若属实,至少可得一壶羡仙酒。"
刘三手持玉佩,对众人逐一检验。
真正有所领悟者身上会被飞仙图留下印记,触碰玉佩时便会显现反应。
此举杜绝了欺瞒。
玉佩反应的强弱,更昭示着观图者的天赋悟性高低。
这正是刘浩甄选人才之法。
但凡能窥见片语只字,即便仅认得半个字,也能引发玉佩微光,至少可获一壶羡仙酒。
若转手卖出,足以供寻常人家十年温饱。
正因如此,每月二十八日前来观图者络绎不绝,不仅有本国人士,更有异国来客。
当然,每人仅有一次机会,不可重复领取奖赏。
已回府的刘浩忽然抬头望向观仙居方向,与此同时,观仙居内飞仙图中,那位谪仙竟微微一动。
飞仙图中的刘浩存留有一缕神识,当赵敏轻念“道可道非常道”时,他便已察觉。
借着这缕神识,他看清了赵敏的样貌。
她身旁站着玄冥二老,特征鲜明,刘浩自然不会认错。
“看来就是你了,确实生得美,悟性也佳。

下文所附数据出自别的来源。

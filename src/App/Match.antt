-- ===== src/App/Match.antt =====
-- `run_match_pipeline` (include/ccmcp/app/app_service.h, src/app/app_service.cpp). An exception is the
-- result `err`, with the services as they were when it was thrown. `std::to_string` of a `double` is
-- the parameter `show`, and the default weights of the matcher the parameter `weights`.
pub mod Trail
use career_coordination_mcp.Prelude.{ℕ, Str, lit, Option, none, some, List, [], ◌∷◌, ◌++◌}
use career_coordination_mcp.Prelude.StringMap.{StringMap}
use career_coordination_mcp.Core.Double.{Double}
use career_coordination_mcp.Core.Result.{Result, ok, err}
use career_coordination_mcp.Domain.Atom.{ExperienceAtom}
use career_coordination_mcp.Domain.Opportunity.{Opportunity}
use career_coordination_mcp.Domain.MatchReport.{MatchReport}
use career_coordination_mcp.Constitution.Artifact.{ValidationReport, OverrideRequest}
use career_coordination_mcp.Matching.Candidates.{
  MatchingStrategy, EmbeddingProvider, EmbeddingIndex,
}
use career_coordination_mcp.Matching.Evaluate.{ScoreWeights, Matcher, evaluate}
use career_coordination_mcp.Storage.Audit.{EventJson}
use career_coordination_mcp.Storage.Repositories.{get_atom, list_verified, get_opportunity}
use career_coordination_mcp.App.Services.{IdGenerator, Clock, Services, emit}
use career_coordination_mcp.App.Transition.{trace_or}
use career_coordination_mcp.App.Validation.{run_validation_pipeline}

pub record MatchPipelineRequest : Type 0 where
  pub opportunity : Option Opportunity
  pub opportunity_id : Option Str
  pub atoms : Option (List ExperienceAtom)
  pub atom_ids : Option (List Str)
  pub strategy : MatchingStrategy
  pub k_lex : ℕ
  pub k_emb : ℕ
  pub trace_id : Option Str
  pub resume_id : Option Str
  pub override_request : Option OverrideRequest

pub record MatchPipelineResponse (Num : Type 0) : Type 0 where
  pub trace_id : Str
  pub match_report : MatchReport Num
  pub validation_report : ValidationReport

-- What the pipeline reads
pub record Sources (Float Num : Type 0) : Type 0 where
  pub opportunities : StringMap Opportunity
  pub atoms : StringMap ExperienceAtom
  pub embedding_provider : EmbeddingProvider Float
  pub vector_index : EmbeddingIndex Float Num

unfoldable pub resolve_opportunity :
    StringMap Opportunity → MatchPipelineRequest → Result Opportunity Str
resolve_opportunity opportunities req = elim (req.opportunity) [
  | some opportunity ↦ ok opportunity
  | none ↦ elim (req.opportunity_id) [
    | none ↦ err (lit "Must provide either opportunity or opportunity_id")
    | some id ↦ elim (get_opportunity opportunities id) [
      | none ↦ err (lit "Opportunity not found: " ++ id)
      | some opportunity ↦ ok opportunity
    ]
  ]
]

-- The loop over `atom_ids`
unfoldable pub resolve_ids : StringMap ExperienceAtom → List Str → Result (List ExperienceAtom) Str
resolve_ids atoms [] = ok []
resolve_ids atoms (id ∷ ids) =
    let rest = resolve_ids atoms ids in
    elim (get_atom atoms id) [
      | none ↦ err (lit "Atom not found: " ++ id)
      | some atom ↦ elim rest [ err message ↦ err message | ok found ↦ ok (atom ∷ found) ]
    ]

unfoldable pub resolve_atoms :
    StringMap ExperienceAtom → MatchPipelineRequest → Result (List ExperienceAtom) Str
unfolding resolve_ids list_verified
resolve_atoms atoms req = elim (req.atoms) [
  | some given ↦ ok given
  | none ↦ elim (req.atom_ids) [
    | some ids ↦ resolve_ids atoms ids
    | none ↦ ok (list_verified atoms)
  ]
]

abbrev resume_context : Option Str → Str
resume_context none = []
resume_context (some id) = lit ",\"resume_id\":\"" ++ id ++ lit "\""

abbrev started_payload : Option Str → Str
started_payload resume_id =
    lit "{\"source\":\"app_service\",\"operation\":\"match_pipeline\""
    ++ resume_context resume_id
    ++ lit "}"

-- The matcher that the pipeline builds: the default `HybridConfig`, whatever `k_lex` and `k_emb` are
abbrev pub pipeline_matcher : {Num : Type 0} → ScoreWeights Num → MatchPipelineRequest → Matcher Num
pipeline_matcher weights req = record {
  weights = weights;
  strategy = req.strategy;
  hybrid_config = record { k_lexical = 25; k_embedding = 25 };
}

abbrev match_payload : {Num : Type 0} → (Num → Str) → MatchReport Num → Str
match_payload show report =
    lit "{\"opportunity_id\":\""
    ++ report.opportunity_id
    ++ lit "\",\"overall_score\":"
    ++ show report.overall_score
    ++ lit "}"

module _ (d : Double) (show : d.Num → Str) (weights : ScoreWeights d.Num) (dump : EventJson → Str)
    {Ids Time Float : Type 0} (id_gen : IdGenerator Ids) (clock : Clock Time) where
  open d use {Num}

  -- From the run of the matcher on
  unfoldable pub match_and_validate :
      MatchPipelineRequest
      → Sources Float Num
      → Services Ids Time
      → Str
      → Opportunity
      → List ExperienceAtom
      → MatchPipelineResponse Num × Services Ids Time
  unfolding evaluate emit run_validation_pipeline
  match_and_validate req sources services trace_id opportunity atoms =
      let report =
        evaluate d (pipeline_matcher weights req) opportunity atoms
          (some sources.embedding_provider) (some sources.vector_index) in
      let matched =
        emit dump id_gen clock services trace_id (lit "MatchCompleted") (match_payload show report)
          (report.opportunity_id ∷ []) in
      let (validation_report, validated) =
        run_validation_pipeline d dump id_gen clock report matched trace_id req.override_request in
      (
        record {
          trace_id = trace_id;
          match_report = report;
          validation_report = validation_report;
        },
        emit dump id_gen clock validated trace_id (lit "RunCompleted")
            (lit "{\"status\":\"success\"}") [],
      )

  unfoldable pub run_match_pipeline :
      MatchPipelineRequest
      → Sources Float Num
      → Services Ids Time
      → Result (MatchPipelineResponse Num) Str × Services Ids Time
  unfolding emit resolve_opportunity resolve_atoms match_and_validate
  run_match_pipeline req sources services =
      let (fresh, ids) = id_gen.next services.ids (lit "trace") in
      let trace_id = trace_or req.trace_id fresh in
      let started =
        emit dump id_gen clock (record services { ids = ids }) trace_id (lit "RunStarted")
          (started_payload req.resume_id) [] in
      elim (resolve_opportunity sources.opportunities req) [
        | err message ↦ (err message, started)
        | ok opportunity ↦ elim (resolve_atoms sources.atoms req) [
          | err message ↦ (err message, started)
          | ok atoms ↦
              let (response, completed) =
                match_and_validate req sources started trace_id opportunity atoms in
              (ok response, completed)
        ]
      ]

”
刘浩的嘴角微微扬起。
夏竹笑盈盈地问:“老爷,又发现好苗子了?”
“的确是个不错的苗子。”
——
夜色笼罩下,赵敏的院落里传来她恼怒的声音。
“大梁皇帝当真如此说?”赵敏坐在主位,虽作男装打扮,脸颊却因怒意泛红。
一名下人跪地禀报:“回郡主,大梁皇帝确是这般说的。
此次和亲不必大办,具体事宜……全凭闲王安排。”
皇室婚嫁,向来礼节繁琐。
即便不大肆操办,基本的流程总该走一遍。
比如昭告天下,或是祭祖。
大梁乃大国,规矩理应更多。
赵敏原本已做好应对繁文缛节的准备,谁知大梁皇帝竟下令一切从简,还让她自行前往闲王府,连面圣都免了。
这算什么事?闲王竟如此不受重视?
再怎么说也是亲王,皇帝的亲兄长啊!
赵敏只觉自己看走了眼,错得离谱。
玄冥二老此时走近,挥手示意下人退下。
待旁人离开,赵敏怒火更盛,咬紧银牙道:“大梁皇帝究竟何意?这和亲哪有这般草率的?简直欺人太甚!”
鹤笔翁仰头灌了口酒,嫌味道远不如羡仙酒,索性当水解渴。
“敏儿,换种想法。
”
四下无人之际,二人轻声交谈着。
鹤笔翁望向赵敏的目光充满慈爱,总爱唤她"敏儿",待她如同自家孩子般亲厚。
鹿杖客捻须说道:"世间万物皆有两面,此事未必就是祸事。"
赵敏闻言踢开脚边石子。
她向来聪慧过人,只是稍欠阅历。
经玄冥二老点拨,顿时豁然开朗。
"越是不得圣眷,越显其庸碌无能。"她眸光流转,嘴角泛起狡黠笑意,"这等闲散王爷,既无实权又无才干,凭我的手段,还不是手到擒来?"
玄冥二老相视一笑。
这丫头自小在他们跟前长大,从未令人失望。
但他们心知肚明,大梁皇帝并非不愿约束那位王爷,实是不敢造次——在这大梁境内,刘浩才是真正的主宰。
只是这话即便说与赵敏听,怕也难以取信。
夜色沉沉,明教众人虽已潜入少梁城,却出奇地平静。
转眼到了初一。
这日观仙居照例出售羡仙酒,定价千文一壶,每人限购,且须当场饮尽。
虽不及万钱一壶时配有点心,但价格骤降十倍,仍引得宾客盈门。
白昼尚且喧嚣,入夜更盛。
每逢初一夜晚,少梁城各处青楼总要冷清许多——达官显贵、文人墨客皆涌向观仙居。
多年来已成惯例,众人或在席间吟诗作赋,或高谈国事,热闹非凡。